The Securities and Exchange Board of India (SEBI) proposed that if listed companies in India wish to appoint or remove independent directors they should require the “dual approval” of shareholders and a majority of the company`s minority investors.
If either of the requirements are not met, a new person will not be appointed and existing independent directors can`t be removed, SEBI said in its proposal, which is open for public consultation until April 1.
The proposal may be revised after SEBI receives public feedback, and there is no clear timeline on its implementation.
Currently, only a 51% shareholder approval is required for appointing or removing such directors in most cases, and no separate sign-off is needed from minority investors.
The current process gives a company`s promoters, or main backers, “significant influence” on the appointment and removal of independent directors and undermines independent directors` ability to take differing views from promoters, SEBI said in its proposal.

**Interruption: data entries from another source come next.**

-- ===== src/Bus/Inproc/Retention.antt =====
-- The retained messages of a bus: `retain` and the cleaning of `unregister` in bus/inproc.ts.
use pi_persona.Base.{
  ℕ, ◌+◌, ◌-◌, ◌≤◌, ◌≡◌, refl, inl, inr, ◌||◌, List, [], ◌∷◌, ◌++◌, map, arith, ltb, ◌==◌, ◌&&◌,
  any, length, length-map, All, All-append, All-mono, Bool-cases, Text, text_eq,
}
use pi_persona.Bus.Inproc.{
  Envelope, max_retained_messages, max_retained_message_chars, shrink, retain, retain_each,
  forget_messages_to, answered,
}

abbrev pub total : List Envelope → ℕ
total [] = 0
total (e ∷ es) = length e.text + total es

-- Messages that may be retained, with the sum of their lengths.
pub record IsRetained (P : Envelope → Type 0) (es : List Envelope) (chars : ℕ) : Type 0 where
  pub each : All P es
  pub sum : chars ≡ total es
  pub few : length es ≤ max_retained_messages
  pub small : chars ≤ max_retained_message_chars

total-append :
    (es : List Envelope) (e : Envelope) → total (es ++ (e ∷ [])) ≡ total es + length e.text
total-append [] e = omega arith
total-append (d ∷ es) e = omega (arith, total-append es e)

module _ (P : Envelope → Type 0) where
  shrink-IsRetained :
      (es : List Envelope) (chars : ℕ)
      → All P es
      → chars ≡ total es
      → IsRetained P (shrink es chars).0 (shrink es chars).1
  unfolding shrink
  shrink-IsRetained [] chars h k = record {
    each = tt;
    sum = k;
    few = omega arith;
    small = omega (arith, k);
  }
  shrink-IsRetained (e ∷ es) chars (p, h) k =
      elim (Bool-cases
        (ltb max_retained_messages (length (e ∷ es)) || ltb max_retained_message_chars chars)) [
          | inl over ↦ rw over (shrink-IsRetained es (chars - length e.text) h (omega (arith, k)))
          | inr fits ↦
              rw fits (record { each = (p, h); sum = k; few = ground arith; small = ground arith })
        ]

  retain-IsRetained :
      (es : List Envelope) (chars : ℕ) (e : Envelope)
      → P e
      → IsRetained P es chars
      → IsRetained P (retain (es, chars) e).0 (retain (es, chars) e).1
  unfolding retain
  retain-IsRetained es chars e p h =
      elim (Bool-cases
        (ltb max_retained_message_chars (length e.text) || any (λ d. d.id == e.id) es)) [
          | inl skip ↦ rw skip h
          | inr new ↦ rw new (
              shrink-IsRetained _ _ (All-append P _ _ h.each (p, tt))
                (omega (arith, h.sum, total-append es e)))
        ]

  pub retain_each-IsRetained :
      (held : List Envelope × ℕ) (es : List Envelope)
      → All P es
      → IsRetained P held.0 held.1
      → IsRetained P (retain_each held es).0 (retain_each held es).1
  unfolding retain_each
  retain_each-IsRetained held [] h k = k
  retain_each-IsRetained held (e ∷ es) (p, h) k =
      retain_each-IsRetained (retain held e) es h (retain-IsRetained held.0 held.1 e p k)

  forget-facts :
      (name : Text) (es : List Envelope) (chars more : ℕ)
      → All P es
      → chars ≡ more + total es
      → (let (kept, left) = forget_messages_to name es chars in
          All P kept × (left ≡ more + total kept) × (length kept ≤ length es) × (left ≤ chars))
  unfolding forget_messages_to
  forget-facts name [] chars more h k = (tt, k, omega arith, omega arith)
  forget-facts name (e ∷ es) chars more (p, h) k = elim (Bool-cases (text_eq e.recipient name)) [
    | inl gone ↦
        let (a, b, c, d) = forget-facts name es (chars - length e.text) more h (omega (arith, k)) in
        rw gone (a, b, omega (arith, c), omega (arith, d))
    | inr kept ↦
        let (a, b, c, d) = forget-facts name es chars (more + length e.text) h (omega (arith, k)) in
        rw kept ((p, a), omega (arith, b), omega (arith, c), d)
  ]

  pub forget_messages_to-IsRetained :
      (name : Text) (es : List Envelope) (chars : ℕ)
      → IsRetained P es chars
      → IsRetained P (forget_messages_to name es chars).0 (forget_messages_to name es chars).1
  forget_messages_to-IsRetained name es chars h =
      let (a, b, c, d) = forget-facts name es chars 0 h.each (omega (arith, h.sum)) in
      record {
        each = a;
        sum = omega (arith, b);
        few = omega (arith, c, h.few);
        small = omega (arith, d, h.small);
      }

total-answered :
    (id : ℕ) (name : Text) (es : List Envelope) → total (map (answered id name) es) ≡ total es
unfolding answered
total-answered id name [] = refl
total-answered id name (e ∷ es) = elim (Bool-cases (e.id == id && text_eq e.recipient name)) [
  | inl same ↦ rw (same, total-answered id name es) refl
  | inr other ↦ rw (other, total-answered id name es) refl
]

All-answered :
    (P Q : Envelope → Type 0) (id : ℕ) (name : Text) (es : List Envelope)
    → ((e : Envelope) → P e → Q (answered id name e))
    → All P es
    → All Q (map (answered id name) es)
All-answered P Q id name [] f h = tt
All-answered P Q id name (e ∷ es) f (p, h) = (f e p, All-answered P Q id name es f h)

-- The retained messages once an ask is settled.
pub IsRetained-answered :
    {P Q : Envelope → Type 0} (id : ℕ) (name : Text) (es : List Envelope) (chars : ℕ)
    → ((e : Envelope) → P e → Q (answered id name e))
    → IsRetained P es chars
    → IsRetained Q (map (answered id name) es) chars
IsRetained-answered {P} {Q} id name es chars f h = record {
  each = All-answered P Q id name es f h.each;
  sum = rw (total-answered id name es) h.sum;
  few = omega (arith, h.few, length-map (answered id name) es);
  small = h.small;
}

pub IsRetained-mono :
    {P Q : Envelope → Type 0} (es : List Envelope) (chars : ℕ)
    → ((e : Envelope) → P e → Q e)
    → IsRetained P es chars
    → IsRetained Q es chars
IsRetained-mono es chars f h = record {
  each = All-mono f es h.each;
  sum = h.sum;
  few = h.few;
  small = h.small;
}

The need for independent directors and diverse board views came under the spotlight after Indian conglomerate Tata Group fired its chairman Cyrus Mistry in 2016, and removed a board member who supported him.
“This would mean more rights to minority investors, better disclosures and also responsibility for promoters,” said Sumit Agrawal, a partner at Regstreet Law Advisors and former SEBI official.
SEBI`s proposal also stipulates that a former employee of an Indian group company cannot be appointed as an independent director at any entity within the same group if he left the group company less than three years previously.
There was “a need to further strengthen the independence of independent directors and enhance their effectiveness in protection of the interest of the minority shareholders,” SEBI said.